Lomber bölgede 4 veya 5 adet ganglion bulunur.
Sempatik zincir vertebral kolonun önünde ve Psuas majör kasının medial kenarı
boyunca seyreder. Aortik lenf nodları, lomber lenfatik kanal, üreter, genitofemoral sinir
sempatik zincirin yakın komşularıdır. Postganglionik sinir lifleri femoral, obturator ve siyatik
sinirlerle alt ekstremitelere dağılır.
Sempatektomi Endikasyonları:
- Vazospastik sendromlar:
Raynoud hastalığı ve sendromu
Akrosiyanoz , Sudeck atrofisi, Livedo retikularis, Pernio sendromları, segmenter
arteriel spazm
- Hiperhidroz
- Arteriel Obstrüktif Hastalıklar
Cerrahi Teknik:
1- Transperitoneal
2- Ekstraperitoneal
Ekstraperitoneal girişim için hasta G.A. altında sırtüstü pozisyonda yatırılır. Arkada 12.
kaburganın iki santimetre altından başlayarak önde göbeğin iki santimetre altından geçen
yatay çizginin rektus kasının dış kenarını kestiği noktaya doğru uzanan oblik bir insizyon
yapılır. M. Obliguus abdominis eksternus ve internus ile M. Transversus lifleri istikametinde
kesilmeden ayrılarak peritona ulaşılır. Periton her iki elin işaret parmaklarıyla içe ve öne
doğru itilerek retroperitoneal dokulardan ayrılır.
7
İliopsoas kasının iç kenarı ile vertebra kortusları arasında solda aortun, sağda ise
inferior vena cavanın hemen altında sempatik ganglionlar palpe edilir. Ganglionlar sağa ve
sola doğru mobil fakat yukarı ve aşağı doğru mobil değildir. Bir penset ile tutulup
çekildiklerinde Rami communicantes kolaylıkla görülebilir.
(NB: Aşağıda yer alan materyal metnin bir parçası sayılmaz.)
-- ===== src/Documents/Exact.antt =====
-- A run that raises nothing replaces the chunks of its document, and touches no others.
use mathlib.Core.Option.{some-injective}
use ai_inference_gateway_pla.Base.{
  ℕ, ◌≡◌, refl, sym, ap, ◌∙◌, inl, inr, true, false, Bool-cases, Option, none, some, List, Text, In,
  length, text_eq, text_eq_refl,
}
use ai_inference_gateway_pla.Base.Result.{ok}
use ai_inference_gateway_pla.Chunker.{PdfPage, Sizes, chunk_id}
use ai_inference_gateway_pla.Chunker.Ids.{chunk_pages-Distinct}
use ai_inference_gateway_pla.VectorStore.{Collection, IsLawful, Row, named, or_else, owns, without}
use ai_inference_gateway_pla.VectorStore.Stored.{rows_of, embeddings_of, Deletes}
use ai_inference_gateway_pla.Documents.{
  Document, World, Env, attempt, sync_process, chunks_of_pages,
}
use ai_inference_gateway_pla.Documents.Refinement.{IsReplaced, sync_process-refines}
use ai_inference_gateway_pla.Documents.Naming.{
  IsNamed, IsNamedRow, chunk_id-document, named-In, named-Distinct, rows_of-Distinct, chunks-Belong,
}

module _ (C : Collection) (lawful : IsLawful C) (settings : Sizes) (env : Env C)
    (encodes : (texts : List Text) (es : List C.Embedding)
      → env.encode texts ≡ some es
      → length es ≡ length texts) where
  -- The rows of the document at the end are those of the parsed pages' chunks, and no other row has
  -- changed.
  pub record IsExact (doc : Document) (w end : World C) : Type 0 where
    pub pages : List PdfPage
    pub parsed : env.parse doc.file_path ≡ ok pages
    pub embeddings : List C.Embedding
    pub encoded :
        embeddings_of C env.encode (chunks_of_pages settings doc.id pages) ≡ some embeddings
    pub measured : length embeddings ≡ length (chunks_of_pages settings doc.id pages)
    pub stored :
        (row : Row C.Embedding)
        → In row (rows_of C (chunks_of_pages settings doc.id pages) embeddings)
        → C.get end.chunks row.id ≡ some row
    pub only :
        (key : Text) (row : Row C.Embedding)
        → C.get end.chunks key ≡ some row
        → row.metadata.document_id ≡ doc.id
        → In row (rows_of C (chunks_of_pages settings doc.id pages) embeddings)
    pub others :
        (key : Text) (row : Row C.Embedding)
        → C.get w.chunks key ≡ some row
        → text_eq row.metadata.document_id doc.id ≡ false
        → C.get end.chunks key ≡ some row

  owned :
      (id : Text) (row : Row C.Embedding)
      → row.metadata.document_id ≡ id
      → owns id (some row) ≡ true
  owned id row same = rw same (text_eq_refl id)

  -- An id that a chunk of the document takes was free, or taken by a row of the same document.
  free :
      (id key : Text) (i : ℕ) (old : Option (Row C.Embedding))
      → length id ≡ 36
      → ((row : Row C.Embedding) → old ≡ some row → IsNamedRow key row)
      → key ≡ chunk_id id i
      → without id old ≡ none
  free id key i none uuid h same = refl
  free id key i (some row) uuid h same =
      let ((j, e), u) = h row refl in
      let own : row.metadata.document_id ≡ id =
        chunk_id-document row.metadata.document_id id j i (u ∙ sym uuid) (sym e ∙ same) in
      rw (owned id row own) refl

  only_new :
      (id : Text) (before new after : Option (Row C.Embedding)) (row : Row C.Embedding)
      → after ≡ or_else (without id before) new
      → after ≡ some row
      → row.metadata.document_id ≡ id
      → new ≡ some row
  only_new id none new after row e there own = sym e ∙ there
  only_new id (some b) new after row e there own = elim (Bool-cases (owns id (some b))) [
    | inl o ↦ rw o at (sym e ∙ there)
    | inr o ↦
        let same : b ≡ row = some-injective b row (rw o at (sym e ∙ there)) in
        let not_own : true ≡ false =
          sym (owned id b (ap (λ (r : Row C.Embedding). r.metadata.document_id) same ∙ own)) ∙ o in
        cc
  ]

  replaced-IsExact :
      (doc : Document) (w end : World C)
      → length doc.id ≡ 36
      → IsNamed C w.chunks
      → IsReplaced C lawful settings env encodes doc w end
      → IsExact doc w end
  replaced-IsExact doc w end uuid named_rows r =
      let chunks = chunks_of_pages settings doc.id r.pages in
      let rows = rows_of C chunks r.embeddings in
      record {
        pages = r.pages;
        parsed = r.parsed;
        embeddings = r.embeddings;
        encoded = r.encoded;
        measured = r.measured;
        stored = λ row i.
            let (_, (n, e)) =
              chunks-Belong C lawful settings env encodes doc.id r.pages r.embeddings row i in
            let distinct =
              (chunk_pages-Distinct settings doc.id (some settings.chunk_size)
                (some settings.chunk_overlap) r.pages).0 in
            r.index row.id
            ∙ ap (λ o. or_else o (named row.id rows))
                (free doc.id row.id n (C.get w.chunks row.id) uuid (named_rows row.id) e)
            ∙ named-Distinct rows row (rows_of-Distinct C chunks r.embeddings distinct) i;
        only = λ key row there own.
            (named-In key rows {row = row} (
              only_new doc.id (C.get w.chunks key) (named key rows) (C.get end.chunks key) row
                (r.index key) there own)).0;
        others = λ key row there other.
            r.index key
            ∙ ap (λ o. or_else (without doc.id o) (named key rows)) there
            ∙ rw other refl;
      }

  -- A run that raises nothing, on a collection whose rows have names made of their documents' ids,
  -- leaves as rows of its document exactly those of the chunks of the parsed pages, each under its
  -- own id, and every row of another document as it was. This takes that the document's id has the
  -- length of a UUID and that the two calls that delete the old chunks return.
  pub sync_process-IsExact :
      (doc : Document) (w : World C)
      → w.table doc.id ≡ some doc
      → length doc.id ≡ 36
      → IsNamed C w.chunks
      → (attempt C settings env doc w).1 ≡ ok tt
      → Deletes C lawful w.chunks doc.id
      → IsExact doc w (sync_process C settings env doc.id w)
  sync_process-IsExact doc w found uuid named_rows returned deletes =
      replaced-IsExact doc w (sync_process C settings env doc.id w) uuid named_rows
        (sync_process-refines C lawful settings env encodes doc w found returned deletes)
Lomber venlere dikkat edilerek
sempatik zincir askıya alınır ve 2., 3., 4. ganglionlar kesilerek çıkartılır.
Lenf ganglionları, üreter iliopsoastan vertebralara uzanan fasia bantları sempatik zincir
ve ganglionlar ile karıştırılabilirler.
KOMPLİKASYONLAR
Post-sempatektomi nevraljisi:
Sıklıkla 5-20. Ci günler arasında görülür. Boyun, omuz ve kolda şiddetli ağrı olur.
Kesilen nörofibrillerin dejenerasyonuna bağlıdır.
Lomber arter ve venlerden kanama
Paradoks gangren
Seksüel fonksiyon bozuklukları:
Birinci lomber sempatik ganglionun bilateral çıkartıldığı erkek hastaların %63’ünde
libido kaybı, retrograd ejekülasyon, nadiren de kısırlık görülebilir.
Sudomotor değişiklikler
Sempatik rejenerasyon:
Yetersiz çıkartma, intermediate ganglion varlığı, diğer tarafta çaprazlaşan fibrillerin
varlığı, ganglion sayısında ve dalların dağılımındaki kişisel farklar.
Lokal Tedavi: Buerger hastalığındaki nekrotik lezyonların tedavisi diğer kronik arteriel
oklüsiv hastalıklardaki gibidir. Ve altta yatan etiolojiye bağlı değil ancak lezyonların iskemik
doğasıyla ilgilidir. Her ne kadar lokal enfeksiyon tedavisi güç bir lezyon gelişmesine ve zor
iyileşmeye katkıda bulunsa da yalnız başına antibiyotik tedavisi hedef dokuların
iyileşmesinde yetersiz kalabilir. Bu nedenle debritman ve gerekirse amputasyon gerekebilir.